I’ve done a lot of work in the past around ETL jobs, and helping data scientists/less technically oriented people set up workflows, and improve performance. My biggest win was taking a job that was supposed to run daily, and optimize it to run within 10 minutes. The biggest win we got here was simply by splitting up the various steps of the job and running some of them in parallel. The next biggest was by identifying parts of the job we could precompute and update incrementally. But something that has struck me is how many systems I’ve seen that have “hidden” interdependencies, for example Zapier’s workflows, where if twitter doesn’t post your tweet for some reason, it may not get posted to Facebook either. I’d like to take a few minutes to discuss how I think the ETL space can be improved. I doubt I’ll get to any of this soon, but it’s on my (very) long list of things to do eventually.
Intuitive parallelization
Barring multi-step SQL queries that build intermediate tables, most ETL (and even more general workflow) operations can be run in parallel. There’s no reason not to expose this complexity to the user. In fact, I think most will find it liberating. Handling synchronization between parallel tasks is an exercise given to CS students, so there’s very little excuse for this to already be handled automatically by our software. A simple UI could allow dependencies to be drawn between steps, showing how we can run multiple operations in parallel.
Manual checkpoints
Something we’ve discussed on my side-project Feedio is allowing users to manually review things before they happen. A decent way to handle this could turn a normally painful experience into a semi-magical one, giving peace of mind to luddite users, and instant feedback for workflows under development.
It also means that a workflow entirely comprised of manual checkpoints can be automated once it’s in this system.
Scalable execution
Processing jobs like this are embarrassingly parallelizeable, and any decent framework should have a scheduler that can stream records between worker nodes based on the relative cost/benefit of the communication overhead versus the estimated cost of concurrent processing. Perhaps the most important part is that it should do this strictly transparently, given that most people don’t want to ever deal with concurrency/scaling issues (or are even aware of such things).
Why it won’t happen anytime soon
- The form factor isn’t immediately obvious. I think there’s a place for this system to exist as a native standalone app, but at the same time it could exist as a distributed system.

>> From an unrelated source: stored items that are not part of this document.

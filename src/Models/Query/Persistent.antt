-- ===== src/Models/Query/Persistent.antt =====
-- Query sets are values: what is made of a query never changes it.
use django_clickhouse_backen.Prelude.{
  ℕ, ◌<◌, ◌≡◌, refl, ap, subst, ◌∙◌, Bool, true, false, [], ◌∷◌, Option, none, some, List, Text,
  if◌then◌else◌, if_cases, arith,
}
use django_clickhouse_backen.Prelude.Dict.{Dict, lookup, insert, lookup-insert, text_eq}
use django_clickhouse_backen.Models.Query.{
  Store, Class, query, update_or_delete, Query, update_settings, Answer, copy_settings,
  clone_prewhere, clone_prewhere_of, clone, set_settings, settings, prewhere,
}
use django_clickhouse_backen.Models.Query.Kept.{
  Kept, Kept-refl, Kept-trans, clone-Kept, set-Kept, added-Kept,
}

-- Each setting is given once, as Python's keyword arguments are.
unfoldable pub OnceEach : {V : Type 0} → Dict Text V → Type 0
OnceEach [] = Unit
OnceEach ((k, v) ∷ given) = (lookup k given ≡ none) × OnceEach given

-- A given setting is as given, each other one as before.
abbrev pub over : {V : Type 0} → Option V → Option V → Option V
over (some v) old = some v
over none old = old

pub Updated : {V : Type 0} → Dict Text V → Option (Dict Text V) → Option (Dict Text V) → Type 0
Updated given none new = new ≡ none
Updated {V} given (some old) new =
    (d : Dict Text V) × (new ≡ some d)
    × ((k : Text) → lookup k d ≡ over (lookup k given) (lookup k old))

over_first :
    {V : Type 0} (b : Bool) (v : V) (o p : Option V)
    → (b ≡ true → o ≡ none)
    → over o (if b then some v else p) ≡ over (if b then some v else o) p
over_first true v none p h = refl
over_first true v (some w) p h = cc (h refl)
over_first false v o p h = refl

update_settings-over :
    {V : Type 0} (given old : Dict Text V) (k : Text)
    → OnceEach given
    → lookup k (update_settings given old) ≡ over (lookup k given) (lookup k old)
unfolding OnceEach update_settings lookup
update_settings-over [] old k h = refl
update_settings-over ((j, v) ∷ given) old k (new, h) =
    update_settings-over given (insert j v old) k h
    ∙ (ap (over (lookup k given)) (lookup-insert j k v old)
        ∙ over_first (text_eq.beq j k) v (lookup k given) (lookup k old)
            (λ e. subst (λ i. lookup i given ≡ none) ((text_eq.beq_iff j k).0 e) new))

update-Updated :
    {V : Type 0} (given old : Dict Text V)
    → OnceEach given
    → Updated given (some old) (some (update_settings given old))
unfolding Updated
update-Updated given old h =
    (update_settings given old, refl, λ k. update_settings-over given old k h)

module _ {V C : Type 0} where
  -- What programs do with queries, of which there may be any number: a copy, new settings, new
  -- conditions, a new query
  pub data Step (s : Store V C) : Store V C → Type 0 where
    clones : (q : Query) → Step s (clone q s).1
    sets : (given : Dict Text V) (q : Query) → Step s (settings given q s).1
    adds : (given : Bool) (clause : Option C) (q : Query) → Step s (prewhere given clause q s).1

  pub data Reach (s : Store V C) : Store V C → Type 0 where
    here : Reach s s
    then_step : {t u : Store V C} → Reach s t → Step t u → Reach s u

  Step-Kept : {s t : Store V C} → Step s t → Kept s t
  unfolding settings prewhere
  Step-Kept {s} (clones q) = (clone-Kept q s).0
  Step-Kept {s} (sets given q) =
      let (k, n, m) = clone-Kept q s in
      set-Kept (clone q s).0.class_of (clone q s).0.setting_info given s (clone q s).1 k n
  Step-Kept {s} (adds given clause q) =
      if_cases (λ (r : Answer × Store V C). Kept s r.1) q.is_combined (λ e. Kept-refl s)
        (λ e.
          if_cases (λ (r : Answer × Store V C). Kept s r.1) (if given then q.is_sliced else false)
            (λ d. Kept-refl s)
            (λ d.
              let (k, n, m) = clone-Kept q s in
              added-Kept (clone q s).0.class_of (clone q s).0 clause s (clone q s).1 k m))

  Reach-Kept : {s t : Store V C} → Reach s t → Kept s t
  Reach-Kept {s} here = Kept-refl s
  Reach-Kept {s} {t} (then_step {t = m} r st) = Kept-trans s m t (Reach-Kept r) (Step-Kept st)

  -- The settings and the conditions of a query, as it finds them in the store
  unfoldable pub seen_settings : Option ℕ → Store V C → Option (Dict Text V)
  seen_settings none s = none
  seen_settings (some r) s = some (s.settings_at r)

  unfoldable pub seen_conditions : Option ℕ → Store V C → Option (List C)
  seen_conditions none s = none
  seen_conditions (some r) s = some (s.conditions_at r)

  abbrev pub Within : Option ℕ → Store V C → Type 0
  Within none s = Unit
  Within (some r) s = r < s.next

  settings_same :
      (o : Option ℕ) (s t : Store V C)
      → Kept s t
      → Within o s
      → seen_settings o t ≡ seen_settings o s
  unfolding seen_settings
  settings_same none s t k w = refl
  settings_same (some r) s t k w = ap some (k.same_settings r w)

  conditions_same :
      (o : Option ℕ) (s t : Store V C)
      → Kept s t
      → Within o s
      → seen_conditions o t ≡ seen_conditions o s
  unfolding seen_conditions
  conditions_same none s t k w = refl
  conditions_same (some r) s t k w = ap some (k.same_conditions r w)

  -- Whatever copies are made of any queries, and whatever settings and conditions these get, a query whose
  -- objects are in the store has the same settings and the same conditions as before.
  pub Reach-same :
      (q : Query) {s t : Store V C}
      → Within q.setting_info s
      → Within q.prewhere s
      → Reach s t
      → (seen_settings q.setting_info t ≡ seen_settings q.setting_info s)
        × (seen_conditions q.prewhere t ≡ seen_conditions q.prewhere s)
  Reach-same q {s} {t} w v r =
      let k = Reach-Kept r in
      (settings_same q.setting_info s t k w, conditions_same q.prewhere s t k v)

  set_lem :
      (o p : Option ℕ) (given : Dict Text V) (s : Store V C)
      → OnceEach given
      → Updated given (seen_settings o s) (
          seen_settings (copy_settings o s).0 (
            set_settings query
              (copy_settings o s).0
              given
              (clone_prewhere p (copy_settings o s).1).1))
  unfolding copy_settings clone_prewhere set_settings seen_settings Updated
  set_lem none p given s once = refl
  set_lem (some r) none given s once =
      subst (Updated given (some (s.settings_at r))) (ground arith)
        (update-Updated given (s.settings_at r) once)
  set_lem (some r) (some m) given s once =
      subst (Updated given (some (s.settings_at r))) (ground arith)
        (update-Updated given (s.settings_at r) once)

  conditions_lem :
      (o p : Option ℕ) (given : Dict Text V) (s : Store V C)
      → Within p s
      → seen_conditions (clone_prewhere p (copy_settings o s).1).0 (
          set_settings query (copy_settings o s).0 given (clone_prewhere p (copy_settings o s).1).1)
        ≡ seen_conditions p s
  unfolding copy_settings clone_prewhere set_settings seen_conditions
  conditions_lem none none given s w = refl
  conditions_lem none (some m) given s w = ground arith
  conditions_lem (some r) none given s w = refl
  conditions_lem (some r) (some m) given s w = ground arith

  by_class :
      (c : Class) (o p : Option ℕ) (given : Dict Text V) (s : Store V C)
      → c ≡ query
      → OnceEach given
      → Within p s
      → let t = (copy_settings o s).1 in
        let u = set_settings c (copy_settings o s).0 given (clone_prewhere_of c p t).1 in
        Updated given (seen_settings o s) (seen_settings (copy_settings o s).0 u)
        × (seen_conditions (clone_prewhere_of c p t).0 u ≡ seen_conditions p s)
  unfolding clone_prewhere_of
  by_class query o p given s c once w = (set_lem o p given s once, conditions_lem o p given s w)
  by_class update_or_delete o p given s c once w = absurd (cc c)

  -- The query that settings returns, for a query of clickhouse_backend whose conditions are in the
  -- store, where each setting is given once: each setting of it is the given one, or where none is
  -- given that of the query; and its conditions are those of the query.
  pub settings-Updated :
      (q : Query) (given : Dict Text V) (s : Store V C)
      → q.class_of ≡ query
      → OnceEach given
      → Within q.prewhere s
      → Updated given
          (seen_settings q.setting_info s)
          (seen_settings (settings given q s).0.setting_info (settings given q s).1)
        × (seen_conditions (settings given q s).0.prewhere (settings given q s).1
            ≡ seen_conditions q.prewhere s)
  unfolding settings
  settings-Updated q given s c once w =
      by_class q.class_of q.setting_info q.prewhere given s c once w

- Graph drawing UX widgets aren’t well done yet. There are some neat attempts at this for web, but they’re still in their infancy.
- Doing distributed systems is really fucking hard. Doing distributed systems that interface with outside components is an exercise in futility.
- Scaling a system from something that runs in the background of a smartphone through a desktop service and up to multiple dedicated servers is hard. It’s just too many platforms to test for (not to mention all the small edge cases of devices dropping in and out).
- The established players won’t be looking in this direction, and the approach is too high-risk for new startups.
Why it will happen sooner than you think
- Zapier is moving in this direction. They’re business model is prohibitively expensive to be useful, so it’ll be used more for glue, rather than realizing its full potential.
- Amazon is on the cusp of discovering how useful this is, although knowing them, they’ll miss the mark by a wide margin and it will never see mainstream use because they will make it with too many knobs, and none of the ones most people want/need.
- Every single company in the world has workflow problems. Often, they buy custom solutions that solve one workflow problem, without any generality. The market is huge, and the first venture to use maximum effort will win huge support.